Search the data for the word "IsKnown" and copy every line that contains it.

******

-- ===== src/Compressor/Lifetime.antt =====
-- A manager from `NewCompressorManager` on, through calls that may fail.
use go_reverse_rpc.Base.{suc, ◌≡◌, Option, none, some, List, [], ◌∷◌, Bytes, bytes_eq, arith}
use go_reverse_rpc.Base.Int.{ℤ_eq}
use go_reverse_rpc.Errors.{Error, ok, err}
use go_reverse_rpc.Compressor.Buffers.{
  Slice, Manager, update, new_compressor_manager, get_buffer, put_buffer, bytes, reset, write_all,
  read_slice,
}
use go_reverse_rpc.Compressor.Writes.{IsValid, Written-append, write_all-Written, joined}
use go_reverse_rpc.Compressor.RoundTrip.{
  AllLossless, IsKnown, Apart, pool_mono, get_buffer-Ready, decompress-compress,
}
use go_reverse_rpc.Compressor.{
  Compressed, ContentEncoding, Input, input_of, Algorithm, Algorithms, compress_with, gzip_compress,
  zlib_compress, brotli_compress, compress, decompress,
}

finished-IsValid :
    (failed closed : Option Error) (made : Option Slice) (st₂ st₃ : Manager)
    → IsValid st₂
    → IsValid st₃
    → let out : Compressed × Manager = elim failed [
      | some e ↦ (err e, st₂)
      | none ↦ elim closed [ some e ↦ (err e, st₃) | none ↦ (ok made, st₃) ]
    ] in
      IsValid out.1
finished-IsValid (some e) closed made st₂ st₃ v₂ v₃ = v₂
finished-IsValid none (some e) made st₂ st₃ v₂ v₃ = v₃
finished-IsValid none none made st₂ st₃ v₂ v₃ = v₃

-- The pool stays valid, whether the writer fails or not.
compress_with-IsValid :
    (a : Algorithm) (c : Input) (st : Manager) → IsValid st → IsValid (compress_with a c st).1
unfolding compress_with put_buffer
compress_with-IsValid a c st v =
    let (buf₁, st₁) = get_buffer st in
    let ready = get_buffer-Ready st v in
    let (buf₂, st₂) = write_all a.spare (a.write_chunks c) (reset buf₁) st₁ in
    let (buf₃, st₃) = write_all a.spare (a.close_chunks c) buf₂ st₂ in
    let first = write_all-Written a.spare (a.write_chunks c) (reset buf₁) st₁ ready.in_use in
    let second = write_all-Written a.spare (a.close_chunks c) buf₂ st₂ first.in_use in
    let both =
      Written-append (reset buf₁) buf₂ buf₃ st₁ st₂ st₃ (joined (a.write_chunks c))
        (joined (a.close_chunks c)) first second in
    let pool₂ : IsValid st₂ =
      rw first.same_pool (pool_mono st₁.next st₂.next st₁.buffer_pool first.grows ready.valid) in
    let pool₃ : IsValid st₃ =
      rw both.same_pool (pool_mono st₁.next st₃.next st₁.buffer_pool both.grows ready.valid) in
    finished-IsValid (a.write_error c) (a.close_error c) (some (bytes buf₃)) (put_buffer buf₂ st₂)
      (put_buffer buf₃ st₃) (first.in_use.allocated, pool₂) (both.in_use.allocated, pool₃)

compress-IsValid :
    (algorithms : Algorithms) (tp : ContentEncoding) (content : Option Slice) (st : Manager)
    → IsValid st
    → IsValid (compress algorithms tp content st).1
unfolding compress gzip_compress zlib_compress brotli_compress
compress-IsValid algorithms tp none st v = v
compress-IsValid algorithms tp (some slice) st v =
    let c = input_of slice st in
    ground (
      arith,
      compress_with-IsValid algorithms.gzip c st v,
      compress_with-IsValid algorithms.zlib c st v,
      compress_with-IsValid algorithms.brotli c st v,
    )

-- What happens to a manager's heap: its user makes a slice, or calls `Compress`, at any slice and
-- with packages that may behave differently each time.
pub data Used : Type 0 where
  allocates : Bytes → Used
  compresses : Algorithms → ContentEncoding → Option Slice → Used

abbrev pub use_once : Used → Manager → Manager
use_once (allocates content) st = record st {
  arrays = update st.arrays st.next content;
  next = suc st.next;
}
use_once (compresses algorithms tp content) st = (compress algorithms tp content st).1

abbrev pub use_all : List Used → Manager → Manager
use_all [] st = st
use_all (used ∷ history) st = use_all history (use_once used st)

use_all-IsValid : (history : List Used) (st : Manager) → IsValid st → IsValid (use_all history st)
use_all-IsValid [] st v = v
use_all-IsValid (allocates content ∷ history) st v =
    use_all-IsValid history (use_once (allocates content) st)
      (pool_mono st.next (suc st.next) st.buffer_pool (omega arith) v)
use_all-IsValid (compresses algorithms tp content ∷ history) st v =
    use_all-IsValid history (use_once (compresses algorithms tp content) st)
      (compress-IsValid algorithms tp content st v)

-- After `NewCompressorManager` and any history of slices that its users make and calls of
-- `Compress`, which may have failed in any way, every buffer of the pool has an allocated array. So
-- with one of the four encodings and packages that keep their contract from then on, at a slice of
-- an allocated array that no buffer of the pool lies in, `Compress` succeeds, and its slice
-- decompresses at once to the content that it was given.
pub decompress-use_all :
    (history : List Used) (algorithms : Algorithms) (tp : ContentEncoding) (slice : Slice)
    → AllLossless algorithms
    → IsKnown tp
    → Apart slice (use_all history new_compressor_manager)
    → let st = use_all history new_compressor_manager in
      IsValid st
      × (slice' : Slice) × (st' : Manager) × (compress algorithms tp (some slice) st
          ≡ (ok (some slice'), st'))
      × (decompress algorithms tp (some (read_slice slice' st')) ≡ ok (some (read_slice slice st)))
unfolding new_compressor_manager
decompress-use_all history algorithms tp slice l k h =
    let st = use_all history new_compressor_manager in
    let valid = use_all-IsValid history new_compressor_manager tt in
    let (slice', st', compressed, restored, after) =
      decompress-compress algorithms tp slice st l k h valid in
    (valid, slice', st', compressed, restored)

******

Solution for this exercise —
  AllLossless, IsKnown, Apart, pool_mono, get_buffer-Ready, decompress-compress,
    → IsKnown tp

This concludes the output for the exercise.